The paradoxical roles played by Vps34 in both autophagy induction and amino acid signalling to TORC1 (and therefore inhibition of autophagy) both seem to rely on elevated intracellular calcium levels. For example, elevation of cytosolic calcium levels induces autophagy [121], whereas chelation of intracellular calcium is inhibitory [122]. Work in our laboratory also indicates that calcium is an early requirement for the autophagic response, since chelation of intracellular calcium inhibits the translocation of GFP-DFCP1 to omegasomes upon starvation (Chandra and Ktistakis, in preparation). However, evidence also suggests that elevation of cytosolic calcium levels could play a role in signalling from amino acid stimulation to Vps34 activation and increased TORC1 signalling [123], although another study suggests that this may not be via a direct effect [90]. Interestingly, cytosolic calcium elevated by amino acid addition appears to come from the extracellular media, whereas the calcium that is required for autophagy comes from internal stores.

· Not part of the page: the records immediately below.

-- ===== src/Kernel/Interleaving.antt =====
-- Accesses of several iterations in any order, against one iteration after the other.
use alpaka.Base.{ℕ, zero, suc, ◌≡◌, refl, sym, ap, ap₂, ◌∙◌, List, [], ◌∷◌, All}
use alpaka.Kernel.{Iteration, run_accesses, turn, turns}

module _ {M S : Type 0} where
  -- Two accesses of different iterations, with shared variables of their own, do the same in both orders.
  abbrev pub Commute : (M × S → M × S) → (M × S → M × S) → Type 0
  Commute g f =
      (m n : M) (s : S)
      → ((f (m, (g (n, s)).1)).0 ≡ (f (m, s)).0)
        × ((g (n, (f (m, s)).1)).0 ≡ (g (n, s)).0)
        × ((f (m, (g (n, s)).1)).1 ≡ (g (n, (f (m, s)).1)).1)

  abbrev pub Separate : List (M × S → M × S) → List (M × S → M × S) → Type 0
  Separate gs fs = All (λ g. All (λ f. Commute g f) fs) gs

  abbrev pub Apart : List (Iteration M S) → Type 0
  Apart [] = Unit
  Apart (it ∷ its) = All (λ other. Separate it.left other.left) its × Apart its

  -- What an iteration leaves when it runs to its end, and what all do, one after the other.
  abbrev pub run_alone : Iteration M S → S → S
  run_alone it s = (run_accesses it.left (it.shared, s)).1

  abbrev pub in_turn : List (Iteration M S) → S → S
  in_turn [] s = s
  in_turn (it ∷ its) s = in_turn its (run_alone it s)

  access-after :
      (gs : List (M × S → M × S)) (f : M × S → M × S) (m n : M) (s : S)
      → All (λ g. Commute g f) gs
      → ((f (m, (run_accesses gs (n, s)).1)).0 ≡ (f (m, s)).0)
        × ((f (m, (run_accesses gs (n, s)).1)).1 ≡ (run_accesses gs (n, (f (m, s)).1)).1)
  unfolding run_accesses
  access-after [] f m n s h = (refl, refl)
  access-after (g ∷ gs) f m n s h =
      let (same_m, same_n, same) = h.0 m n s in
      let (rec_m, rec) = access-after gs f m (g (n, s)).0 (g (n, s)).1 h.1 in
      (rec_m ∙ same_m, rec ∙ ap₂ (λ a b. (run_accesses gs (a, b)).1) (sym same_n) same)

  Separate-right :
      (gs : List (M × S → M × S)) (f : M × S → M × S) (fs : List (M × S → M × S))
      → Separate gs (f ∷ fs)
      → All (λ g. Commute g f) gs × Separate gs fs
  Separate-right [] f fs h = (tt, tt)
  Separate-right (g ∷ gs) f fs h =
      let (now, later) = Separate-right gs f fs h.1 in ((h.0.0, now), (h.0.1, later))

  turn-run_alone_head :
      (it : Iteration M S) (m : M) (fs : List (M × S → M × S)) (its : List (Iteration M S)) (s : S)
      → Separate it.left fs
      → (let its' : List (Iteration M S) = record { shared = m; left = fs } ∷ its in
          ((turn zero its' (run_alone it s)).0 ≡ (turn zero its' s).0)
          × ((turn zero its' (run_alone it s)).1 ≡ run_alone it (turn zero its' s).1))
  unfolding turn
  turn-run_alone_head it m [] its s h = (refl, refl)
  turn-run_alone_head it m (f ∷ fs) its s h =
      let (e, k) = access-after it.left f m it.shared s (Separate-right it.left f fs h).0 in
      (ap (λ n. let i : Iteration M S = record { shared = n; left = fs } in i ∷ its) e, k)

  turn-run_alone :
      (i : ℕ) (its : List (Iteration M S)) (it : Iteration M S) (s : S)
      → All (λ other. Separate it.left other.left) its
      → ((turn i its (run_alone it s)).0 ≡ (turn i its s).0)
        × ((turn i its (run_alone it s)).1 ≡ run_alone it (turn i its s).1)
  unfolding turn
  turn-run_alone i [] it s h = (refl, refl)
  turn-run_alone (suc i) (other ∷ its) it s h =
      let (e, k) = turn-run_alone i its it s h.1 in (ap (λ q. other ∷ q) e, k)
  turn-run_alone zero (other ∷ its) it s h =
      turn-run_alone_head it other.shared other.left its s h.0

  in_turn-turn_head :
      (m : M) (fs : List (M × S → M × S)) (its : List (Iteration M S)) (s : S)
      → (let (after, t) = turn zero (record { shared = m; left = fs } ∷ its) s in
          in_turn after t ≡ in_turn (record { shared = m; left = fs } ∷ its) s)
  unfolding turn run_accesses
  in_turn-turn_head m [] its s = refl
  in_turn-turn_head m (f ∷ fs) its s = refl

  -- An access in any order leaves what all do together.
  in_turn-turn :
      (i : ℕ) (its : List (Iteration M S)) (s : S)
      → Apart its
      → in_turn (turn i its s).0 (turn i its s).1 ≡ in_turn its s
  unfolding turn
  in_turn-turn i [] s h = refl
  in_turn-turn (suc i) (it ∷ its) s h =
      let (e, k) = turn-run_alone i its it s h.0 in
      ap₂ in_turn (sym e) (sym k) ∙ in_turn-turn i its (run_alone it s) h.1
  in_turn-turn zero (it ∷ its) s h = in_turn-turn_head it.shared it.left its s

  -- A property of the accesses that are left, when one of them has been made.
  module _ (P : List (M × S → M × S) → Type 0)
      (later : (f : M × S → M × S) (fs : List (M × S → M × S)) → P (f ∷ fs) → P fs) where
    All-turn_head :
        (m : M) (fs : List (M × S → M × S)) (its : List (Iteration M S)) (s : S)
        → P fs
        → All (λ it. P it.left) its
        → All (λ it. P it.left) (turn zero (record { shared = m; left = fs } ∷ its) s).0
    unfolding turn
    All-turn_head m [] its s h k = (h, k)
    All-turn_head m (f ∷ fs) its s h k = (later f fs h, k)

    All-turn :
        (i : ℕ) (its : List (Iteration M S)) (s : S)
        → All (λ it. P it.left) its
        → All (λ it. P it.left) (turn i its s).0
    unfolding turn
    All-turn i [] s h = tt
    All-turn (suc i) (it ∷ its) s h = (h.0, All-turn i its s h.1)
    All-turn zero (it ∷ its) s h = All-turn_head it.shared it.left its s h.0 h.1

  Separate-left :
      (f : M × S → M × S) (fs : List (M × S → M × S)) (its : List (Iteration M S))
      → All (λ other. Separate (f ∷ fs) other.left) its
      → All (λ other. Separate fs other.left) its
  Separate-left f fs [] h = tt
  Separate-left f fs (it ∷ its) h = (h.0.1, Separate-left f fs its h.1)

  Apart-turn_head :
      (m : M) (fs : List (M × S → M × S)) (its : List (Iteration M S)) (s : S)
      → All (λ other. Separate fs other.left) its
      → Apart its
      → Apart (turn zero (record { shared = m; left = fs } ∷ its) s).0
  unfolding turn
  Apart-turn_head m [] its s h k = (h, k)
  Apart-turn_head m (f ∷ fs) its s h k = (Separate-left f fs its h, k)

  Apart-turn : (i : ℕ) (its : List (Iteration M S)) (s : S) → Apart its → Apart (turn i its s).0
  unfolding turn
  Apart-turn i [] s h = tt
  Apart-turn (suc i) (it ∷ its) s h = (
    All-turn (Separate it.left) (λ f fs k. (Separate-right it.left f fs k).1) i its s h.0,
    Apart-turn i its s h.1,
  )
  Apart-turn zero (it ∷ its) s h = Apart-turn_head it.shared it.left its s h.0 h.1

  pub in_turn-turns :
      (schedule : List ℕ) (its : List (Iteration M S)) (s : S)
      → Apart its
      → in_turn (turns schedule its s).0 (turns schedule its s).1 ≡ in_turn its s
  unfolding turns
  in_turn-turns [] its s h = refl
  in_turn-turns (i ∷ schedule) its s h =
      in_turn-turns schedule (turn i its s).0 (turn i its s).1 (Apart-turn i its s h)
      ∙ in_turn-turn i its s h
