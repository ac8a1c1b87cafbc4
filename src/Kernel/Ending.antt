-- ===== src/Kernel/Ending.antt =====
-- How many accesses the iterations have left, in any order of their turns.
use alpaka.Base.{
  ℕ, zero, suc, ◌+◌, ◌-◌, ◌≤◌, ◌≡◌, refl, ◌∙◌, inl, inr, true, false, List, [], ◌∷◌, arith, length,
  ◌==◌, if◌then◌else◌, Bool-cases,
}
use alpaka.Kernel.{Iteration, run_accesses, turn, turns, is_done}
use alpaka.Kernel.Interleaving.{in_turn}

-- The turns of one iteration in a schedule.
abbrev pub turn_count : ℕ → List ℕ → ℕ
turn_count j [] = 0
turn_count j (i ∷ schedule) = (if i == j then 1 else 0) + turn_count j schedule

module _ {M S : Type 0} where
  abbrev pub pending : ℕ → List (Iteration M S) → ℕ
  pending i [] = 0
  pending (suc i) (it ∷ its) = pending i its
  pending zero (it ∷ its) = length it.left

  abbrev pub Bounded : List (Iteration M S) → List ℕ → Type 0
  Bounded its schedule = (j : ℕ) → pending j its ≤ turn_count j schedule

  pending-turn_head :
      (m : M) (fs : List (M × S → M × S)) (its : List (Iteration M S)) (s : S)
      → (pending zero (turn zero (record { shared = m; left = fs } ∷ its) s).0 ≡ length fs - 1)
        × ((j : ℕ)
            → pending (suc j) (turn zero (record { shared = m; left = fs } ∷ its) s).0
              ≡ pending j its)
  unfolding turn
  pending-turn_head m [] its s = (omega arith, λ j. refl)
  pending-turn_head m (f ∷ fs) its s = (omega arith, λ j. refl)

  pending-turn_same :
      (i : ℕ) (its : List (Iteration M S)) (s : S) → pending i (turn i its s).0 ≡ pending i its - 1
  unfolding turn
  pending-turn_same i [] s = omega arith
  pending-turn_same (suc i) (it ∷ its) s = pending-turn_same i its s
  pending-turn_same zero (it ∷ its) s = (pending-turn_head it.shared it.left its s).0

  pending-turn_other :
      (i j : ℕ) (its : List (Iteration M S)) (s : S)
      → (i == j) ≡ false
      → pending j (turn i its s).0 ≡ pending j its
  unfolding turn
  pending-turn_other i j [] s h = refl
  pending-turn_other (suc i) (suc j) (it ∷ its) s h = pending-turn_other i j its s (ground arith)
  pending-turn_other (suc i) zero (it ∷ its) s h = refl
  pending-turn_other zero (suc j) (it ∷ its) s h = (pending-turn_head it.shared it.left its s).1 j
  pending-turn_other zero zero (it ∷ its) s h = absurd (ground arith)

  Bounded-turn :
      (i : ℕ) (schedule : List ℕ) (its : List (Iteration M S)) (s : S)
      → Bounded its (i ∷ schedule)
      → Bounded (turn i its s).0 schedule
  Bounded-turn i schedule its s h j = elim (Bool-cases (i == j)) [
    | inl same ↦
        let e : i ≡ j = ground arith in ground (arith, h j, same, e, pending-turn_same i its s)
    | inr other ↦ ground (arith, h j, other, pending-turn_other i j its s other)
  ]

  is_done_head :
      (m : M) (fs : List (M × S → M × S)) (its : List (Iteration M S))
      → length fs ≤ 0
      → is_done its ≡ true
      → is_done (record { shared = m; left = fs } ∷ its) ≡ true
  unfolding is_done
  is_done_head m [] its h k = k
  is_done_head m (f ∷ fs) its h k = absurd (omega arith)

  none_pending : (its : List (Iteration M S)) → Bounded its [] → is_done its ≡ true
  unfolding is_done
  none_pending [] h = refl
  none_pending (it ∷ its) h =
      is_done_head it.shared it.left its (h 0) (none_pending its (λ j. h (suc j)))

  pub turns-is_done :
      (schedule : List ℕ) (its : List (Iteration M S)) (s : S)
      → Bounded its schedule
      → is_done (turns schedule its s).0 ≡ true
  unfolding turns
  turns-is_done [] its s h = none_pending its h
  turns-is_done (i ∷ schedule) its s h =
      turns-is_done schedule (turn i its s).0 (turn i its s).1 (Bounded-turn i schedule its s h)

  in_turn-done_head :
      (m : M) (fs : List (M × S → M × S)) (its : List (Iteration M S)) (s : S)
      → is_done (record { shared = m; left = fs } ∷ its) ≡ true
      → (is_done its ≡ true) × (in_turn (record { shared = m; left = fs } ∷ its) s ≡ in_turn its s)
  unfolding is_done run_accesses
  in_turn-done_head m [] its s h = (h, refl)
  in_turn-done_head m (f ∷ fs) its s h = absurd (cc)

  pub in_turn-done : (its : List (Iteration M S)) (s : S) → is_done its ≡ true → in_turn its s ≡ s
  in_turn-done [] s h = refl
  in_turn-done (it ∷ its) s h =
      let (k, e) = in_turn-done_head it.shared it.left its s h in e ∙ in_turn-done its s k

Effectors of PI3P during autophagy

A family of PI3P-binding proteins that play a role in autophagy have been identified in yeast [124], the family is comprised of Atg18, Atg21 and Ygr223c. They are all WD40 repeat containing proteins, thought to be putative scaffold proteins involved in regulating the assembly of multi-protein complexes. These proteins can bind to PI3P and PI(3,5)P2 by their conserved FRRGT motif [125]. All three proteins were found to localise to endosomes, and PI3P synthesised by complex II (not involved in autophagy) was essential for this localisation. Atg18 was found to be essential for autophagy and the Cvt pathway [124]. Atg21 was found to be essential for the Cvt pathway, but not for autophagy [125]. Whereas, Ygr223c was found to play a role in a specific kind of autophagy, whereby portions of the nucleus are sequestered and degraded (micronucleophagy; [124]). Atg18 is also located at the PAS, and this is dependent on Atg14. Moreover, autophagy was severely reduced in yeast expressing a mutant form of Atg18 that cannot bind to PI3P. When this mutant form of Atg18 was fused to a mammalian FYVE domain, full autophagic activity was restored. It is known that Atg18 forms a complex with Atg2 at the PAS, and the formation of this complex was found to not require PI3P. However, the localisation of this complex at the PAS was found to be dependent on PI3P [72].

WIPI1/2

There are two mammalian orthologues of Atg18 known as WIPI1 and WIPI2 [126]. The WIPI family of proteins has four members, all of which contain WD40 repeats. WIPI1 (also known as WIPI49) was found to bind to 3′-phosphorylated phosphoinositides [127], and to co-localise with LC3 on autophagosomes upon starvation. It has also been discovered that WIPI1 localises to isolation membranes [21]. WIPI2 has recently been characterised [126], in nutrient-rich conditions endogenous WIPI2 was found to have a diffuse localisation in HEK293 cells, upon starvation WIPI2 translocated to punctate structures that partially co-localised with LC3. WIPI2 was not found to be present on mature autophagosomes or autolysosomes, this suggests that WIPI2 dissociates from autophagosomes before they mature. WIPI2 knockdown by siRNA was found to reduce GFP-LC3 lipidation and the number of GFP-LC3 puncta in HEK293 cells. Furthermore, WIPI2 knockdown was shown to reduce the endogenous LC3-II/LC3-I ratio in multiple cell types. Overexpression of Atg16L disrupts autophagosome formation and leads to the accumulation of isolation membranes, endogenous WIPI2 was found to be present on these accumulating isolation membranes. Overexpression of a proteolytic activity-deficient mutant of Atg4B prevents LC3 lipidation and inhibits autophagosome formation, also leading to the accumulation of isolation membranes. The number of WIPI2 positive structures did not increase upon starvation in mutant Atg4B expressing cells, but the number of WIPI2 positive puncta did increase in control cells. The authors concluded that WIPI2 is present on early autophagic membranes where it acts to positively regulate LC3 lipidation before dissociating.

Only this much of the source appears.